Saved data entries

——————————

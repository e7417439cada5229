-- ===== src/Disk/Circular.antt =====
-- What `cscan_tick` and `clook_tick` of "Disk Scheduling/disksim.c" add up.
use mathlib.Core.List.{Perm}
use operating_system_basics.Base.{
  ℕ, ◌+◌, ◌*◌, ◌≡◌, ◌≢◌, refl, sym, ap, ◌∙◌, Bool, true, false, ◌||◌, some, List, [], ◌∷◌, ◌++◌,
  arith, if◌then◌else◌, count_if, Perm-count_if, count_if-append, Bool-cases, inl, inr, ℤ, pos,
  ◌+ℤ◌, ◌-ℤ◌, abs, eqb_ℤ, eqb_ℤ→eq, int_laws, eq_of_parts, +ℤ_assoc, +ℤ_zero, zero_+ℤ,
}
use operating_system_basics.LinkedList.{ListHead}
use operating_system_basics.Disk.{
  Task, Sim, text, num, circular_round, cscan_loop, clook_loop, cscan_tick, clook_tick,
  lowest_level, highest_level,
}
use operating_system_basics.Disk.Travel.{cylinders, travel}
use operating_system_basics.Disk.Queues.{lowest, highest, requests, listing, Prints}
use operating_system_basics.Disk.Outcome.{IsLoaded}
use operating_system_basics.Disk.Ticks.{with_both_ends, cscan_tick_lem, clook_tick_lem}

abbrev pub is_highest : Task → Bool
is_highest t = eqb_ℤ t.cylinder highest_level

-- What `cscan_tick` adds beside the distance: `abs(200 + 200)` at each stop at the highest level.
abbrev pub surplus : List Task → ℕ
surplus ts = 400 * count_if is_highest ts

-- At cylinder 0 the sum that the code adds is the distance.
abs-add-zero : (prev c : ℤ) → eqb_ℤ c (pos 0) ≡ true → abs (prev +ℤ c) ≡ abs (prev -ℤ c)
abs-add-zero prev c e = rw (eqb_ℤ→eq c (pos 0) e) (ap abs (eq_of_parts _ _ (omega int_laws)))

-- At cylinder 200 it is 400.
abs-add-highest : (c : ℤ) → eqb_ℤ c highest_level ≡ true → abs (c +ℤ c) ≡ pos 400
abs-add-highest c e = rw (eqb_ℤ→eq c highest_level e) (eq_of_parts _ _ (omega int_laws))

not_both : (c : ℤ) → eqb_ℤ c (pos 0) ≡ true → eqb_ℤ c highest_level ≡ false
not_both c e = rw (eqb_ℤ→eq c (pos 0) e) refl

-- One round from a state with no turn pending adds the distance, and 400 at the highest level.
cscan_round :
    (t : Task) (total prev : ℤ)
    → circular_round
        (eqb_ℤ t.cylinder lowest_level || eqb_ℤ t.cylinder highest_level)
        t
        (total, prev, false)
      ≡ (
        total +ℤ abs (prev -ℤ t.cylinder) +ℤ pos (if is_highest t then 400 else 0),
        t.cylinder,
        false,
      )
unfolding circular_round
cscan_round t total prev = elim (Bool-cases (eqb_ℤ t.cylinder (pos 0))) [
  | inl e ↦ rw (e, not_both t.cylinder e, abs-add-zero prev t.cylinder e, +ℤ_zero)
  | inr e ↦ elim (Bool-cases (eqb_ℤ t.cylinder highest_level)) [
    | inl f ↦ rw (e, f, abs-add-highest t.cylinder f)
    | inr f ↦ rw (e, f, +ℤ_zero)
  ]
]

clook_round :
    (t : Task) (total prev : ℤ)
    → circular_round (eqb_ℤ t.cylinder (pos 0)) t (total, prev, false)
      ≡ (total +ℤ abs (prev -ℤ t.cylinder), t.cylinder, false)
unfolding circular_round
clook_round t total prev = elim (Bool-cases (eqb_ℤ t.cylinder (pos 0))) [
  | inl e ↦ rw (e, abs-add-zero prev t.cylinder e)
  | inr e ↦ rw e
]

pub cscan_loop-travel :
    (ts : List Task) (total prev : ℤ)
    → cscan_loop ts (total, prev, false) ≡ total +ℤ travel prev (cylinders ts) +ℤ pos (surplus ts)
unfolding cscan_loop travel
cscan_loop-travel [] total prev = eq_of_parts _ _ (omega int_laws)
cscan_loop-travel (t ∷ ts) total prev = rw (cscan_round t total prev) (
    cscan_loop-travel ts _ t.cylinder
    ∙ regroup total (abs (prev -ℤ t.cylinder)) (travel t.cylinder (cylinders ts))
        (if is_highest t then 400 else 0) (surplus ts) (surplus (t ∷ ts)) (ground arith))
  where
    regroup :
        (a b c : ℤ) (k m n : ℕ) → n ≡ k + m → a +ℤ b +ℤ pos k +ℤ c +ℤ pos m ≡ a +ℤ (b +ℤ c) +ℤ pos n
    regroup a b c k m n e = eq_of_parts _ _ (omega int_laws)

pub clook_loop-travel :
    (ts : List Task) (total prev : ℤ)
    → clook_loop ts (total, prev, false) ≡ total +ℤ travel prev (cylinders ts)
unfolding clook_loop travel
clook_loop-travel [] total prev = sym (+ℤ_zero total)
clook_loop-travel (t ∷ ts) total prev = rw (clook_round t total prev) (
    clook_loop-travel ts (total +ℤ abs (prev -ℤ t.cylinder)) t.cylinder
    ∙ +ℤ_assoc total (abs (prev -ℤ t.cylinder)) (travel t.cylinder (cylinders ts)))

surplus-with_ends :
    (start : ℤ) (reqs : List Task)
    → surplus ((lowest start ∷ reqs) ++ (highest start ∷ [])) ≡ 400 + surplus reqs
surplus-with_ends start reqs = ground (arith, count_if-append is_highest reqs (highest start ∷ []))

cscan_loop-surplus :
    (start : ℤ) (order queued : List Task)
    → Perm order queued
    → cscan_loop order (pos 0, start, false)
      ≡ travel start (cylinders order) +ℤ pos (surplus queued)
cscan_loop-surplus start order queued same =
    cscan_loop-travel order (pos 0) start ∙ rw (Perm-count_if is_highest same, zero_+ℤ)

module _ (library : ListHead Task) (fresh : Task) (s : Sim library fresh) where
  -- `cscan_tick` succeeds on a loaded trace, and the total that it prints is the distance through
  -- the order that it prints, and 400 more for the stop at the highest level and for each request
  -- there.
  pub cscan_tick-total :
      (random : ℕ)
      → IsLoaded library fresh s
      → (s' : Sim library fresh) × (order : List Task) × (cscan_tick library fresh random s
          ≡ some s')
        × Perm order (with_both_ends library fresh s)
        × Prints library fresh "CSCAN,"
            (travel s.start (cylinders order) +ℤ pos (400 + surplus (requests library fresh s)))
            order
            s
            s'
  cscan_tick-total random e =
      let (s', ok, served) = cscan_tick_lem library fresh s random e in
      let total =
        cscan_loop-surplus s.start served.order _ served.same_requests
        ∙ ap (λ n. travel s.start (cylinders served.order) +ℤ pos n)
            (surplus-with_ends s.start (requests library fresh s)) in
      (
        s',
        served.order,
        ok,
        served.same_requests,
        served.printed
            ∙ ap
                (λ t.
                  s.out ++ (text "CSCAN," ∷ num t ∷ text "," ∷ listing (cylinders served.order)))
                total,
      )

  -- `clook_tick` succeeds on a loaded trace with a request, and the total that it prints is the
  -- distance through the order that it prints.
  pub clook_tick-total :
      (random : ℕ)
      → IsLoaded library fresh s
      → requests library fresh s ≢ []
      → (s' : Sim library fresh) × (order : List Task) × (clook_tick library fresh random s
          ≡ some s')
        × Perm order (requests library fresh s)
        × Prints library fresh "CLOOK," (travel s.start (cylinders order)) order s s'
  clook_tick-total random e ne =
      let (s', ok, served) = clook_tick_lem library fresh s random e ne in
      let total = clook_loop-travel served.order (pos 0) s.start ∙ zero_+ℤ _ in
      (
        s',
        served.order,
        ok,
        served.same_requests,
        served.printed
            ∙ ap
                (λ t.
                  s.out ++ (text "CLOOK," ∷ num t ∷ text "," ∷ listing (cylinders served.order)))
                total,
      )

——————————

- [Work task]: Using the records above, copy word for word the line with "stop at the highest level.", the line with "-- At cylinder 200 it is 400.", and every line between them.

- [Your response]:
-- What `cscan_tick` adds beside the distance: `abs(200 + 200)` at each stop at the highest level.
abbrev pub surplus : List Task → ℕ
surplus ts = 400 * count_if is_highest ts

-- At cylinder 0 the sum that the code adds is the distance.
abs-add-zero : (prev c : ℤ) → eqb_ℤ c (pos 0) ≡ true → abs (prev +ℤ c) ≡ abs (prev -ℤ c)
abs-add-zero prev c e = rw (eqb_ℤ→eq c (pos 0) e) (ap abs (eq_of_parts _ _ (omega int_laws)))

-- At cylinder 200 it is 400.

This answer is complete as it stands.